(PhysOrg.com) -- Using a recent development in speech recognition, it is possible to search through television news programmes provided the recognition system has been trained beforehand. PhD candidate Marijn Huijbregts from the University of Twente (Netherlands) has, however, taken things even further: he has developed Spoken Document Retrieval for audio and video files that the speech recognition system has not yet been trained to deal with.
This version of speech recognition works well even if there is a great deal of unexpected background noise. Huijbregts received his doctorate from the Faculty of Electrical Engineering, Mathematics and Computer Science on 21 November.
Information can be retrieved from text very quickly using, for example, an index in a book or a search machine such as Google.
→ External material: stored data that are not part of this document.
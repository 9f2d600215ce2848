-- ===== src/Metering/Tests.antt =====
-- The ledger of one organization with two actions.
use shiku_ai_powered_sales_d.Prelude.{
  Text, [], codes, length, none, pos, refl, some, true, ℕ, ℤ, ◌∷◌, ◌≡◌,
}
use shiku_ai_powered_sales_d.Metering.Schema.{Action, Meter, Period, Plan, Tenancy}
use shiku_ai_powered_sales_d.Metering.Periods.{
  ensure_billing_period_snapshot, resolve_billing_period,
}
use shiku_ai_powered_sales_d.Metering.Actions.{
  Outcome, Usage, ai_usage_action_context, raised, record_ai_usage_action,
}
use shiku_ai_powered_sales_d.Metering.Economics.{
  Bucket, Joined, get_action_unit_economics, get_customer_usage_summary, joined_rows, sum_of,
}
use shiku_ai_powered_sales_d.Metering.Keys.{record_ai_usage_action-idempotent}
use shiku_ai_powered_sales_d.Metering.Billing.{ai_usage_action_context-unbilled, billed_credits}
use shiku_ai_powered_sales_d.Metering.Totals.{GroupsDistinct, get_action_unit_economics-totals}

abbrev plan : Plan
plan = record {
  id = 1;
  max_monthly_ai_credits = some 10;
  max_monthly_emails = none;
  max_users = some 3;
  max_leads = none;
  overage_allowed = true;
  overage_price = some 2;
}

abbrev tenancy : Tenancy
tenancy = record {
  subscription_of = λ org. record {
    id = some 7;
    plan = some plan;
    period_started_at = some 100;
    period_ends_at = some 200;
  };
  month = λ now. (0, 1000);
}

abbrev usage : ℤ → Text → Usage
usage credits key = record {
  organization_id = 1;
  action_type = codes "draft_generated";
  user_id = none;
  quantity = pos 1;
  credits_used = some credits;
  source_object_type = none;
  source_object_id = none;
  status = codes "success";
  idempotency_key = some key;
  metadata = [];
  request_id = none;
}

abbrev empty : Meter
empty = record {
  periods = [];
  actions = [];
  platform_events = [];
  llm_events = [];
  next_action_id = 1;
  next_event_id = 1;
  current_user_id = some 4;
  current_action_id = some 9;
  request_id = none;
}

abbrev recorded : Meter
recorded = (record_ai_usage_action tenancy 150 (usage (pos 12) (codes "k")) empty).1

-- The second call of a key, with other credits.
record_ai_usage_action-idempotent_example :
    let (b, second) = record_ai_usage_action tenancy 160 (usage (pos 3) (codes "k")) recorded in
    (b ≡ (record_ai_usage_action tenancy 150 (usage (pos 12) (codes "k")) empty).0)
    × (second.actions ≡ recorded.actions)
record_ai_usage_action-idempotent_example =
    record_ai_usage_action-idempotent tenancy 150 160 (usage (pos 12) (codes "k"))
      (usage (pos 3) (codes "k")) empty b'k' [] refl refl

included_credits : (get_customer_usage_summary tenancy 170 1 recorded).0.included_credits ≡ some 10
unfolding get_customer_usage_summary ensure_billing_period_snapshot resolve_billing_period
included_credits = refl

nothing_remains : (get_customer_usage_summary tenancy 170 1 recorded).0.remaining_credits ≡ some 0
unfolding get_customer_usage_summary ensure_billing_period_snapshot resolve_billing_period
    record_ai_usage_action
nothing_remains = refl

abbrev failing : Action → Meter → Outcome ℕ × Meter
failing a st = (raised (codes "provider"), record st { current_action_id = none })

get_action_unit_economics-totals_example :
    let rows = joined_rows none recorded in
    let groups = get_action_unit_economics none recorded in
    GroupsDistinct groups
    × (sum_of (λ (b : Bucket). b.action_count) groups ≡ length rows)
    × (sum_of (λ (b : Bucket). b.credits_used) groups
        ≡ sum_of (λ (r : Joined). r.credits_used) rows)
    × (sum_of (λ (b : Bucket). b.total_tokens) groups
        ≡ sum_of (λ (r : Joined). r.total_tokens) rows)
    × (sum_of (λ (b : Bucket). b.llm_calls) groups ≡ sum_of (λ (r : Joined). r.llm_calls) rows)
get_action_unit_economics-totals_example = get_action_unit_economics-totals none recorded

abbrev paid : Action
paid = record {
  id = 1;
  organization_id = 1;
  user_id = none;
  request_id = none;
  action_type = codes "draft_generated";
  quantity = 1;
  credits_used = 5;
  billing_period_start = 100;
  billing_period_end = 200;
  source_object_type = none;
  source_object_id = none;
  status = codes "success";
  idempotency_key = none;
  metadata = [];
}

abbrev billed : Meter
billed = record empty { actions = paid ∷ []; next_action_id = 2 }

abbrev keyless : Usage
keyless = record (usage (pos 4) (codes "k")) { idempotency_key = none }

abbrev period : Period
period = resolve_billing_period tenancy 150 1

-- The five credits of the row that was there, and none for the failed action.
ai_usage_action_context-unbilled_example :
    billed_credits 1 period (ai_usage_action_context tenancy 150 keyless failing billed).1.actions
    ≡ billed_credits 1 period billed.actions
ai_usage_action_context-unbilled_example =
    ai_usage_action_context-unbilled tenancy 150 keyless failing billed (codes "provider") 1 period
      refl (refl, (refl, tt)) (λ a s. refl) (λ a s. refl)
However, it is much more difficult to search in audio and video files, as they do not have an easily searchable index. You can use speech recognition to simplify this process as most of the information in audio and video files comes from speech. By recording via speech recognition, you can transform speech into text. To do this, you need a Spoken Document Retrieval (SDR) system; this makes it possible to search directly in audio and video materials, just as if you were searching in ordinary text documents. In other words, a sort of Google for audio and video.
Evening news on television
The Human Media Interaction group at the University of Twente had previously developed an SDR system for an evening television news programme. Search terms could be used to look for specific topics, the system being specially trained using newspaper texts and 20 hours of news programmes. The SDR for the evening news programme worked well because, in that situation, it was more or less known what was going to be said and there was little background noise. If you tried applying this system, without any training, to other video files, it did not perform well. Huijbregts then wondered whether he could develop a SDR system for which almost no training data would be needed, but which could nevertheless deal with unknown audio and video files satisfactorily.
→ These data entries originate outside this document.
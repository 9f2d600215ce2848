-- ===== src/Outreach.antt =====
-- The sequence of outreach touches to a lead of a campaign, outreach/marketing_agent.py.
pub mod Sequence
pub mod Claim
pub mod Eligibility
pub mod Reservation
pub mod Skips
mod Tests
With unknown audio and video files, it is not clear beforehand what is going to happen: who is speaking, what is being said and what sort of background noises are present. Huijbregts therefore developed an SDR system that was robust enough to deal with these unknown situations. It is called SHoUT (this acronym corresponds to the Dutch version of ‘Speech Recognition Research at University of Twente’). SDR can be described as robust if it can deal with all audio and video files under all sorts of circumstances, such as background noise or if people are not speaking clearly.
SHoUT is divided up into three stages. Firstly, the system distinguishes between speech and other sounds. For example, background music is filtered out from speech. Secondly, the system identifies different speakers and gives them labels. Then finally the automatic speech recognition takes place: the system transforms speech into text. You can now search the text file for relevant topics using key words, just as Google searches through text files on Internet.
The first version of SHoUT is already available, but Huijbregts is developing it even further. SHoUT and other demonstrations of SDR systems can be found on the website of Huijbregts (wwwhome.cs.utwente.nl/~huijbreg/).